The study included 262 patients after exclusion of 23 patients with technically inadequate echocardiography images, 13 patients with greater than mild mitral and/or aortic stenosis or insufficiency and 6 patients with regional LV wall motion abnormalities suggesting previous myocardial infarction or concurrent regional myocardial ischaemia. The main sources of sepsis were: gastrointestinal, 107 (41%); multi-trauma with wound infections, 39 (15%); respiratory, 32 (12%); vascular surgery/limb ischaemia, 24 (9%); genitourinary, 18 (7%); and orthopaedic/skeletal, 19 (7%). At least one source of infection was identified by positive cultures in 245 (93%) patients, and 107 (41%) patients had positive blood cultures. Hypotension (systolic blood pressure <90 mmHg) lasting more than 1 h occurred in 237 (90.4%) patients. Mean duration of hypotension was 6.2 ± 5.6 h/24 h/patient (inter-quartile range: 2–9 h). In 163 (62%) patients, septic shock persisted despite fluid resuscitation requiring one or more vasoactive medications: norepinephrine, 162 (62%) patients; epinephrine, 54 (21%) patients; vasopressin, 43 (16%) patients; dopamine/dobutamine, 22 (8%) patients.

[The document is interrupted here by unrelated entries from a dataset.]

-- ===== src/Tests/Startup.antt =====
-- Runs of the configuration loader with its checks.
use nodejs_basics.Prelude.{
  ℕ, true, false, Option, none, some, [], ◌∷◌, ◌≡◌, ◌⊎◌, refl, All, leb, lookup, insert, string_key,
}
use nodejs_basics.Prelude.Texts.{Text, codes}
use nodejs_basics.Config.Load
use nodejs_basics.Config.Load.{
  Yaml, scalar, field, no_fields, mapping, fields_of, merge, Settings, Entry,
}
use nodejs_basics.Config.Values.{Platform}
use nodejs_basics.Config.Values.Checks.{
  invalid_values, unparsed, relative_bounds, checked, read, read_raw, rule_of,
}
use nodejs_basics.Config.Startup
use nodejs_basics.Config.Startup.{
  Registered, LoadOptions, load, entries, rules, valkey, kafka, is_missing, admin_is_safe,
}
use nodejs_basics.Config.Startup.Meaning.{IsClosed}
use nodejs_basics.Config.Startup.Settled.{IsValid, IsGiven}
use nodejs_basics.Config.Startup.Checked.{load_sound, AllRead, IsSettled}

-- Numbers of one digit.
abbrev digit_of : Text → Option ℕ
digit_of (c ∷ []) = some c
digit_of _ = none

abbrev small : Platform
small = record {
  Number = ℕ;
  to_number = digit_of;
  is_finite = λ n. true;
  is_safe_integer = λ n. true;
  at_most = leb;
  object_names = λ s. none;
}

abbrev url_key : Registered small
url_key = record {
  entry = record { key = "URL"; yaml = some ("db" ∷ "url" ∷ []); fallback = none };
  rule = record {
    key = "URL";
    value_type = none;
    lower_bound = none;
    upper_bound = none;
    values = none;
    reserved = [];
    at_least = none;
    at_most_key = none;
    fallback = none;
  };
  required = true;
}

abbrev no_admin : LoadOptions small
no_admin = record { defaults = []; requires = []; admin = false }

abbrev printed : Yaml → Text
printed yaml = []

abbrev file : Yaml
file = mapping (field "db" (mapping (field "url" (scalar (codes "pg")) no_fields)) no_fields)

abbrev settings : Settings
settings = record { env = ("URL", codes "pg") ∷ []; sources = ("URL", Load.from_yaml) ∷ [] }

file_is_read : load small printed no_admin (url_key ∷ []) (some file) [] ≡ some settings
unfolding load Startup.problems Startup.unknown_in Startup.missing_required_keys
    Startup.integration_problems Startup.problems_of Startup.integration_enabled
    Startup.admin_problems merge Load.drop_empty_values Load.record_env_sources
    Load.apply_structured Load.apply_flat Load.apply_defaults invalid_values unparsed
    relative_bounds checked read read_raw rule_of lookup insert
file_is_read = refl

load_sound_example :
    (merge printed (entries small (url_key ∷ [])) [] (some file) [] ≡ settings)
    × AllRead (entries small (url_key ∷ [])) [] (fields_of (some file))
    × All (IsValid small settings.env) (rules small (url_key ∷ []))
    × All (IsGiven small settings.env) (url_key ∷ [])
    × ((false ≡ false) ⊎ IsClosed settings.env)
    × IsSettled small (url_key ∷ []) [] settings valkey
    × IsSettled small (url_key ∷ []) [] settings kafka
load_sound_example =
    load_sound small printed no_admin (url_key ∷ []) (some file) [] settings file_is_read

-- A path as a single key is no unknown key, and sets nothing.
abbrev dotted : Yaml
dotted = mapping (field "db.url" (scalar (codes "pg")) no_fields)

dotted_key_is_known :
    Startup.unknown_in (entries small (url_key ∷ [])) [] (fields_of (some dotted)) ≡ []
unfolding Startup.unknown_in
dotted_key_is_known = refl

dotted_key_sets_nothing :
    merge printed (entries small (url_key ∷ [])) [] (some dotted) []
    ≡ record { env = []; sources = [] }
unfolding merge Load.drop_empty_values Load.record_env_sources Load.apply_structured Load.apply_flat
    Load.apply_defaults lookup
dotted_key_sets_nothing = refl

All patients were tracheally intubated and mechanically ventilated at the time of echocardiography examination due to significant respiratory dysfunction or failure. The two echocardiograms were performed 1.6 ± 0.9 and 2.4 ± 0.7 days, respectively, after the diagnosis of sepsis and initiation of treatment. There were no statistically significant differences between the two sequential echocardiography studies in any of the parameters measured and, therefore, the results of all echocardiography measurements from both studies were averaged, and only the averaged results were used for further analysis.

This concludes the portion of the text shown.